:: How to complete this task ::
Answer with a number only: how many lines of the data contain "than"?
╭─ Given records
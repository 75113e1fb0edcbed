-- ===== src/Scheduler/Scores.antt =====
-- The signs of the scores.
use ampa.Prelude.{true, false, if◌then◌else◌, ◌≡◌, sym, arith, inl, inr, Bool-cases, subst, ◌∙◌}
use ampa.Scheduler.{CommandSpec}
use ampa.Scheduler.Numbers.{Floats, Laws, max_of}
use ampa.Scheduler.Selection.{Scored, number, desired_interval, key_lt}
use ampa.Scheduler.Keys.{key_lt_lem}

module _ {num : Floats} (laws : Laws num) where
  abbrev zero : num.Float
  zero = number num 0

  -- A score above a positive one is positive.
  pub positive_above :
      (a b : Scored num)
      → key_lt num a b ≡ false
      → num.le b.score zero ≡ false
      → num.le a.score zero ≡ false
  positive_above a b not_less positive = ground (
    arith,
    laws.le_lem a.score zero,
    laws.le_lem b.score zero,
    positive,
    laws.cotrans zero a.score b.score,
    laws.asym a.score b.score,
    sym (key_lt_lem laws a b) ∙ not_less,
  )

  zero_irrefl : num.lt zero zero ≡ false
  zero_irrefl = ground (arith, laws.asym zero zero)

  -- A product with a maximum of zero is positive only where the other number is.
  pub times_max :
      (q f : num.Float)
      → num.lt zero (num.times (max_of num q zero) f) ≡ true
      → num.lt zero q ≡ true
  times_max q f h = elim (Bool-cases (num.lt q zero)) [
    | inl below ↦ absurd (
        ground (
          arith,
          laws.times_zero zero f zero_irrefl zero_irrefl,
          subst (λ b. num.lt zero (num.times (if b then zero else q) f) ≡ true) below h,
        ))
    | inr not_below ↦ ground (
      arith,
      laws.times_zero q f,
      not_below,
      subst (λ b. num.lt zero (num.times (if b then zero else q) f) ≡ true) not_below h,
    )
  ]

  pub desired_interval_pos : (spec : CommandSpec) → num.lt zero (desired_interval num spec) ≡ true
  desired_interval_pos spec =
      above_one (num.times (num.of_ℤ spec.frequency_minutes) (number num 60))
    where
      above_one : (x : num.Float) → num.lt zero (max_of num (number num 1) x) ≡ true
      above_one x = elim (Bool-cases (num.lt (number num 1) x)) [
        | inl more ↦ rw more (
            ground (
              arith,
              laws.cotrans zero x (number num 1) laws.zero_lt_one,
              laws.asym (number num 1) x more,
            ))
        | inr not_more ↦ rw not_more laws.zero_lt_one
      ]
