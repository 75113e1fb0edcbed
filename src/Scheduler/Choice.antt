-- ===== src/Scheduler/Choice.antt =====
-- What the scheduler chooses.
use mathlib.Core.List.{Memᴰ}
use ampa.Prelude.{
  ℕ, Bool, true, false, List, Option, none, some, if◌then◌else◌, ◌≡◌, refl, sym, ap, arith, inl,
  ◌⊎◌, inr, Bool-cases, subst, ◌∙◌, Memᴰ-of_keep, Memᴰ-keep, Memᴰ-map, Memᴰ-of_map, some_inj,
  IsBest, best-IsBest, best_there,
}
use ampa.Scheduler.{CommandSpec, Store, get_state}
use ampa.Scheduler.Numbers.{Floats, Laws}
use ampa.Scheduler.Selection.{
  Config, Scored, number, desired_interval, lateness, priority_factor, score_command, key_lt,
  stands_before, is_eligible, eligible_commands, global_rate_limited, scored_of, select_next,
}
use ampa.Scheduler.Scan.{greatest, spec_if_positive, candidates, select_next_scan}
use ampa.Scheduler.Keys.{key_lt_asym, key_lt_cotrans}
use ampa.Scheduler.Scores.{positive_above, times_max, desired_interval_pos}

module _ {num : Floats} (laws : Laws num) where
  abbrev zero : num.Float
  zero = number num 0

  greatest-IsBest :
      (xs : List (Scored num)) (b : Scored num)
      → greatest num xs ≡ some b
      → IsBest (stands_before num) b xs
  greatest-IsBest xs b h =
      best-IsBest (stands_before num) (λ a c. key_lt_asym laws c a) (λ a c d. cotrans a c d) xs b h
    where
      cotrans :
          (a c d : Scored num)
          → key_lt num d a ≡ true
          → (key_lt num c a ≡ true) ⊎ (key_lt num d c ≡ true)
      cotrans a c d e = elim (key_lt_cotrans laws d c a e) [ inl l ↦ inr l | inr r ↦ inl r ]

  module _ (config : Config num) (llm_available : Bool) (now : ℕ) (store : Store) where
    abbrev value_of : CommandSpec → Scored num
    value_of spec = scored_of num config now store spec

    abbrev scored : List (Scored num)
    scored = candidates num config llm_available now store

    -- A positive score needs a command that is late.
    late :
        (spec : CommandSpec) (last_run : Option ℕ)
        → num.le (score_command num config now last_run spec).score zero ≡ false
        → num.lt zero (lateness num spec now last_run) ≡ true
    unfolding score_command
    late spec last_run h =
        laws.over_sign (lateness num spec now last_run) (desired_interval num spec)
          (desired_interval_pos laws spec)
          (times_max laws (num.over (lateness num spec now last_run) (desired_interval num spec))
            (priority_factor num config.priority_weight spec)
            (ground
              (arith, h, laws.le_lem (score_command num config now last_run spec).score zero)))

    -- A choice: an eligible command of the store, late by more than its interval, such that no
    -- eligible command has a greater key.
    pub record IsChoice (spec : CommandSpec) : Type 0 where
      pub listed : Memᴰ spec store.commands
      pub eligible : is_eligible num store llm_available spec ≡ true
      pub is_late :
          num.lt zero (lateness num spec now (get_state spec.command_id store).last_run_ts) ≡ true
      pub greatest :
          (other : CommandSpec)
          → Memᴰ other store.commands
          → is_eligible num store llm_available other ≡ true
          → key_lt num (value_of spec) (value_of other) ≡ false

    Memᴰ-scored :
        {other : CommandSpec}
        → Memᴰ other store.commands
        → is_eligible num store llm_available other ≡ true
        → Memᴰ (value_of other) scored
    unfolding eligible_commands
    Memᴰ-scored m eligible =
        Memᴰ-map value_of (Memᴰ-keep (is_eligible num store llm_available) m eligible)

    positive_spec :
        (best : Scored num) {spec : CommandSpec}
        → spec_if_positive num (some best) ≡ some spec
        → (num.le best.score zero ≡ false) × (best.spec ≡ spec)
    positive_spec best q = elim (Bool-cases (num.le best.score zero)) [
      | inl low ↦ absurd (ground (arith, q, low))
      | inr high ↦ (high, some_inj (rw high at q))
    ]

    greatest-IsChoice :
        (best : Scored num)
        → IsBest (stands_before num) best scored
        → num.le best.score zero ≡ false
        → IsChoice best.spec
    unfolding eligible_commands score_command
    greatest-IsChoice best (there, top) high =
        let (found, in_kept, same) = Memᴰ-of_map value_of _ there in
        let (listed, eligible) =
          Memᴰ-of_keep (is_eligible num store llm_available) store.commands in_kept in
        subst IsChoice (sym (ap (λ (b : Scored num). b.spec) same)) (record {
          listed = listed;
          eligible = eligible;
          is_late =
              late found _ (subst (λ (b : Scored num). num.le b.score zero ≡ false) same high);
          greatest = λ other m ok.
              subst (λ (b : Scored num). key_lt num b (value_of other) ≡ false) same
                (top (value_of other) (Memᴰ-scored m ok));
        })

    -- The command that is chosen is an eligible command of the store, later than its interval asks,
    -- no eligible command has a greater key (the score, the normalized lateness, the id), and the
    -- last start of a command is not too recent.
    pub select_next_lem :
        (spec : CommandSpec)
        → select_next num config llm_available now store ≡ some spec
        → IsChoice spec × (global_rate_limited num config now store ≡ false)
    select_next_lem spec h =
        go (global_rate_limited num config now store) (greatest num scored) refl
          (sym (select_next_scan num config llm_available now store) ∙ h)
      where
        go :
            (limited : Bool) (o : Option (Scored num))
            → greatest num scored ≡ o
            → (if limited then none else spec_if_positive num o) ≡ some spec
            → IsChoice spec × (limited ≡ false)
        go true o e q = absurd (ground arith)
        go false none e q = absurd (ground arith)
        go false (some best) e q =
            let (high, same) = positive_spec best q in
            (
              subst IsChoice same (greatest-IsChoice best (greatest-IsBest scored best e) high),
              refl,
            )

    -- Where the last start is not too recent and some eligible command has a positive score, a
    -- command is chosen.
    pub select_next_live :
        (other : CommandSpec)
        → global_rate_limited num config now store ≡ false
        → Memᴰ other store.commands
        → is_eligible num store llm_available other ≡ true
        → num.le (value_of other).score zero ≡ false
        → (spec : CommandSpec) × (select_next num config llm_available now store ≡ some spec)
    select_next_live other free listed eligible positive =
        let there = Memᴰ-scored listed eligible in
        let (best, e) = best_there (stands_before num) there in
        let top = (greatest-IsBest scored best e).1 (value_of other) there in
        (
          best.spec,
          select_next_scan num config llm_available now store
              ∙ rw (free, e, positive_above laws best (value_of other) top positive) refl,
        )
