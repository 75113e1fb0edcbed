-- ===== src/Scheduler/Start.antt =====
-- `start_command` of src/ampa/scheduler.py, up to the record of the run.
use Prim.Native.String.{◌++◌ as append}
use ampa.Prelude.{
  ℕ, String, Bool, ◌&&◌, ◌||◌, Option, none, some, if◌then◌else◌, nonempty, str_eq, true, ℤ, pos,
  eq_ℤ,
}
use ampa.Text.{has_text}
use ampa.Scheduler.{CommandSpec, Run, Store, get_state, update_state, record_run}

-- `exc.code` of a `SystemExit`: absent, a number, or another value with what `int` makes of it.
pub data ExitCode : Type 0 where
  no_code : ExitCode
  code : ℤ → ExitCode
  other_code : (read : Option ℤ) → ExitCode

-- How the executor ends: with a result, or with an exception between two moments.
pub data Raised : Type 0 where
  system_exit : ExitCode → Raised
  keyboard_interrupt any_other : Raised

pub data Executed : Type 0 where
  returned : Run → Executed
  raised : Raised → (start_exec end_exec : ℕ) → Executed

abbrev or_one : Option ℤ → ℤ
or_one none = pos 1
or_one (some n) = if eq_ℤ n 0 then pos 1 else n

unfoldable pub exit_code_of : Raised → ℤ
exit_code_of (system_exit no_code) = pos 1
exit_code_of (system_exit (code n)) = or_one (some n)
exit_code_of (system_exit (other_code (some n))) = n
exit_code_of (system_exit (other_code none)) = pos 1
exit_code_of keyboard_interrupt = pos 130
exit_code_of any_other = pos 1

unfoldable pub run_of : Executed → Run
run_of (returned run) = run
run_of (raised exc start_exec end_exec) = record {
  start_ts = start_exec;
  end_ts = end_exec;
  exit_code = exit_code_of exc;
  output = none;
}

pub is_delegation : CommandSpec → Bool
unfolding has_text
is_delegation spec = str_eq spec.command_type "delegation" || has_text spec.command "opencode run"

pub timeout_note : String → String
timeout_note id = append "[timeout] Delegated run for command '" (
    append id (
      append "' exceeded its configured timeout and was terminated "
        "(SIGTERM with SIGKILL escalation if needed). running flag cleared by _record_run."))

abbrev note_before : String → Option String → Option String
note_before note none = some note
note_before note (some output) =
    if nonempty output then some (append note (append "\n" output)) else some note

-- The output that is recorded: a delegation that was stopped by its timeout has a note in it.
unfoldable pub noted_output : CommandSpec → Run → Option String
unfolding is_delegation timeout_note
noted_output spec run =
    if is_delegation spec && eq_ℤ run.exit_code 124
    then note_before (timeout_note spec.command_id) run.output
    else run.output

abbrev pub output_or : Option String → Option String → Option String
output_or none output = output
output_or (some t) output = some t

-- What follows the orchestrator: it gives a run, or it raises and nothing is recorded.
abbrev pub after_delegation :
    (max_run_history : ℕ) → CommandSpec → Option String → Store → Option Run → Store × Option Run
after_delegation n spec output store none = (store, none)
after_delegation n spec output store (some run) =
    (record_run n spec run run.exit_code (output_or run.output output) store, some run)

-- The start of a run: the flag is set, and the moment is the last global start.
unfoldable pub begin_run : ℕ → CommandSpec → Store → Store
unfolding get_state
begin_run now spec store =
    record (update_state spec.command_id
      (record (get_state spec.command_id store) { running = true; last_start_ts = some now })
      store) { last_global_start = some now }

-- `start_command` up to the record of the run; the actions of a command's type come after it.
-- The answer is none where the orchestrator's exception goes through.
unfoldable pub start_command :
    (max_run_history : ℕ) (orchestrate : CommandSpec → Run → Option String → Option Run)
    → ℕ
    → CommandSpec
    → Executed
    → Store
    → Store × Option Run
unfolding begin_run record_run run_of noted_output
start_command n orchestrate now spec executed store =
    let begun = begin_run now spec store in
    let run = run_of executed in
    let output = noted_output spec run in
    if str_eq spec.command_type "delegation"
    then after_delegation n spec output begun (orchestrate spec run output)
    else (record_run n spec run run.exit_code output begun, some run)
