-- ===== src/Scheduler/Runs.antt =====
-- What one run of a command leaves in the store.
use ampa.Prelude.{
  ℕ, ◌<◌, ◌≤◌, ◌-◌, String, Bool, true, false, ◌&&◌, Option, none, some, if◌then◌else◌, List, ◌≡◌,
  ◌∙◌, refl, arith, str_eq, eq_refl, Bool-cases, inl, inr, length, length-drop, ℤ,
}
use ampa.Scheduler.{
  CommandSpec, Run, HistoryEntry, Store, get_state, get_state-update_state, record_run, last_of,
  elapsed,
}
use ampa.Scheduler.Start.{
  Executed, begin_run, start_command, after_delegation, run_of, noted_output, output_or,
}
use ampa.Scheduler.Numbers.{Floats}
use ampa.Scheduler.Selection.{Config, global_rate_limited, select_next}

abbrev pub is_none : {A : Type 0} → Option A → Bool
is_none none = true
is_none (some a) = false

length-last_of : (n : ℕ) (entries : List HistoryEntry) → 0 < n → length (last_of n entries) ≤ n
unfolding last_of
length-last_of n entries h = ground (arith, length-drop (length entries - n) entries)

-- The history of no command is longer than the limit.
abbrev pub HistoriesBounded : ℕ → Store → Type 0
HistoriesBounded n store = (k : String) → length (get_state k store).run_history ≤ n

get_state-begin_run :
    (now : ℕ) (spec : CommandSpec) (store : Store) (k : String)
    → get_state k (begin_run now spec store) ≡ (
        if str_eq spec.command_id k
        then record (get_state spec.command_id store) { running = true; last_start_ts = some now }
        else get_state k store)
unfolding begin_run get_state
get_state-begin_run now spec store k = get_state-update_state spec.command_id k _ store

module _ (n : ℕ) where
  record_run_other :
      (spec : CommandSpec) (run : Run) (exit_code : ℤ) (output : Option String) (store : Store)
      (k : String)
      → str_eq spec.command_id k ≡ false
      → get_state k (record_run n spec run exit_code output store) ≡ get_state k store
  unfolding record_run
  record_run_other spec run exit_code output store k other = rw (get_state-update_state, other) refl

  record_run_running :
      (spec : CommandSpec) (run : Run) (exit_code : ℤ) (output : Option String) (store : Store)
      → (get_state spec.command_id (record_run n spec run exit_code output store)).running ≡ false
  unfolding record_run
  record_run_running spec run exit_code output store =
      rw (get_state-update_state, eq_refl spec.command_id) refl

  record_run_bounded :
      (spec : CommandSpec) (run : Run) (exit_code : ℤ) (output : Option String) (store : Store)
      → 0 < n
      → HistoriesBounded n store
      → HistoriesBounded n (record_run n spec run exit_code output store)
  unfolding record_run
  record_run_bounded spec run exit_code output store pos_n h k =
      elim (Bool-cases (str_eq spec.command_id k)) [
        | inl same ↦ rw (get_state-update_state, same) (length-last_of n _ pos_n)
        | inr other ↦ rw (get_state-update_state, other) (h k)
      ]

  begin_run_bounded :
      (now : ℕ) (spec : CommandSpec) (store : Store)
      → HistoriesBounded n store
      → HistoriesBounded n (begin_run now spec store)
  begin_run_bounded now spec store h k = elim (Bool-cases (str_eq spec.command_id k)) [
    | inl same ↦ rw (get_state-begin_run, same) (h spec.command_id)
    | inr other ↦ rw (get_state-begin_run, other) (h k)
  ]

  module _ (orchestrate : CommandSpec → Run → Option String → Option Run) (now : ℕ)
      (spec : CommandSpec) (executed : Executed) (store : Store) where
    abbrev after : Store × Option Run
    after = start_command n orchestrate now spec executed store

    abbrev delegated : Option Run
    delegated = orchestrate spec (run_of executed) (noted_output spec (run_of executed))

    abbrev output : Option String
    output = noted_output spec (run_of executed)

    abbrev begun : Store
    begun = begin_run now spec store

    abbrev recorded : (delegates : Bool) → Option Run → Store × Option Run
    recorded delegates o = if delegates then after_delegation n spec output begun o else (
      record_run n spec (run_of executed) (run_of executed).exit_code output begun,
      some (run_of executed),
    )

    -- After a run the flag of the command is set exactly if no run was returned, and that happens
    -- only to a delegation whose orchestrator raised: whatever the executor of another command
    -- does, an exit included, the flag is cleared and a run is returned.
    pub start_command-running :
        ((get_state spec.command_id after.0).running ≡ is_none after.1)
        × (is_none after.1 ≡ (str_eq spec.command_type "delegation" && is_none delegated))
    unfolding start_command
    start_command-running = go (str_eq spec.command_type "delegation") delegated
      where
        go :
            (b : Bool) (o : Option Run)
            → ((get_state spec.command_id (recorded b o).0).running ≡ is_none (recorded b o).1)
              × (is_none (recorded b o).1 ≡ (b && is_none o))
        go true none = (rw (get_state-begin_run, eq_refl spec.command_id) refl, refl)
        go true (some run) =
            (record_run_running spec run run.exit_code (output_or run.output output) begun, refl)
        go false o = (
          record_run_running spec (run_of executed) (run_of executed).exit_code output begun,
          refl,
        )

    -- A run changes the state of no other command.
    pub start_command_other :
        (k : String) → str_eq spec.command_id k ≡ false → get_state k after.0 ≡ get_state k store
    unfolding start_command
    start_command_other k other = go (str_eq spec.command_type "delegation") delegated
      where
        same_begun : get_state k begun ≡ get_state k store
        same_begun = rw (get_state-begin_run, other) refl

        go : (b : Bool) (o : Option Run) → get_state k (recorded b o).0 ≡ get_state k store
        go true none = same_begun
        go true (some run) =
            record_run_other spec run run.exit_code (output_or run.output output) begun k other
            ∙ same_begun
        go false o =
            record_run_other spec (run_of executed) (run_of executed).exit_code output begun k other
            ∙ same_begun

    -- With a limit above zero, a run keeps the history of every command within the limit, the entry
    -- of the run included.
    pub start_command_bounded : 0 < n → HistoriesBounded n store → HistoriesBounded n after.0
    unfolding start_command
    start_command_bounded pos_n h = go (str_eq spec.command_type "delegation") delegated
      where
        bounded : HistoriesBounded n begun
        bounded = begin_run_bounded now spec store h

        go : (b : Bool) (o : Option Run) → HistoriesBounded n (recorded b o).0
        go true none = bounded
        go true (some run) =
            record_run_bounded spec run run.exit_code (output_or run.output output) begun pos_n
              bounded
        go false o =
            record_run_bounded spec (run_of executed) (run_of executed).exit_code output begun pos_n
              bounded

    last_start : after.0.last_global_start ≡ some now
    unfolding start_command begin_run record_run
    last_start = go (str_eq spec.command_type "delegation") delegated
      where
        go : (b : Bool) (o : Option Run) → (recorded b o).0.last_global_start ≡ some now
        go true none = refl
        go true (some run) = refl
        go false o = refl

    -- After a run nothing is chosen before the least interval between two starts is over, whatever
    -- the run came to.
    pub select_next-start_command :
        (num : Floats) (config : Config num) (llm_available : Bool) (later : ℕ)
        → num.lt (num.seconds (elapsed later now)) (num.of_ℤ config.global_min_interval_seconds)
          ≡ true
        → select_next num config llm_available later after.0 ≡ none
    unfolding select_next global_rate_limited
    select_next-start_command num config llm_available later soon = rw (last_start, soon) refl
╰─
:: Solution for this task ::
3